Anche a noi, oggi, come a queste donne che rimasero accanto a Gesù durante la Passione, il Risorto ripete di non avere paura nel farci messaggeri dell’annunzio della sua risurrezione. Non ha nulla da temere chi incontra Gesù risuscitato e a Lui si affida docilmente. E’ questo il messaggio che i cristiani sono chiamati a diffondere sino agli estremi confini del mondo. La fede cristiana nasce non dall’accoglienza di una dottrina, ma dall’incontro con una Persona, con Cristo morto e risuscitato. Nella nostra esistenza quotidiana, cari amici, tante sono le occasioni per comunicare agli altri questa nostra fede in modo semplice e convinto. Ed è quanto mai urgente che gli uomini e le donne della nostra epoca conoscano e incontrino Gesù e, grazie anche al nostro esempio, si lascino conquistare da Lui» [Lunedì dell’Angelo, 9 aprile 2007].

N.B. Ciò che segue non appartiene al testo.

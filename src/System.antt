-- ===== src/System.antt =====
-- The service over the SQLite repository, as main.go puts them together.
pub mod Alerts
pub mod Returns
pub mod Panics
pub mod Thresholds
pub mod Internal
pub mod Responses
pub mod Answers
pub mod Stack
pub mod Harmless
pub mod AlertsAnswers
pub mod AlertsStack
pub mod Saved
pub mod Raised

In una presunta rivelazione privata, la Regina dell’Amore, ha detto che anche oggi “l’annuncio della Risurrezione di Gesù è stato da molti deformato o svuotato con la mancanza di fede”. Di conseguenza quando ci si trova davanti a queste situazioni, che oggi mediatamente e quindi economicamente, attirano molto occorre offrire la certezza della fede completa della Chiesa, la chiarezza e la bellezza dottrinale della fede cattolica, da testimoni entusiasti ed entusiasmanti. Ma pastoralmente non è prioritaria, pur molto utile, la conoscenza analitica nemmeno del Compendio e del Catechismo della Chiesa cattolica. Il primo annuncio nell’evangelizzazione non è il suo contenuto dottrinale, ma l’incontro con Dio dal volto umano in Gesù morto e risorto, reso contemporaneo nel Suo corpo totale, che è la Chiesa per tutti e per tutto. L’ “affetto del cuore” verso Gesù e Maria è il modo semplice, cattolico cioè accessibile a tutti di chi percepisce il mistero divino nella contemporaneità umana ecclesiale dell’incontro corrispondente alle attese, alle domande originarie di ogni io. E nella catechesi del mercoledì 11 aprile 2007 Benedetto XVI ha offerto l’essenzialità dell’annuncio come nella veglia pasquale risuona ogni anno: “Il Signore è davvero risorto, alleluia!” e come dovrebbe accadere nell’omelia e in modo semplice e convinto nella catechesi.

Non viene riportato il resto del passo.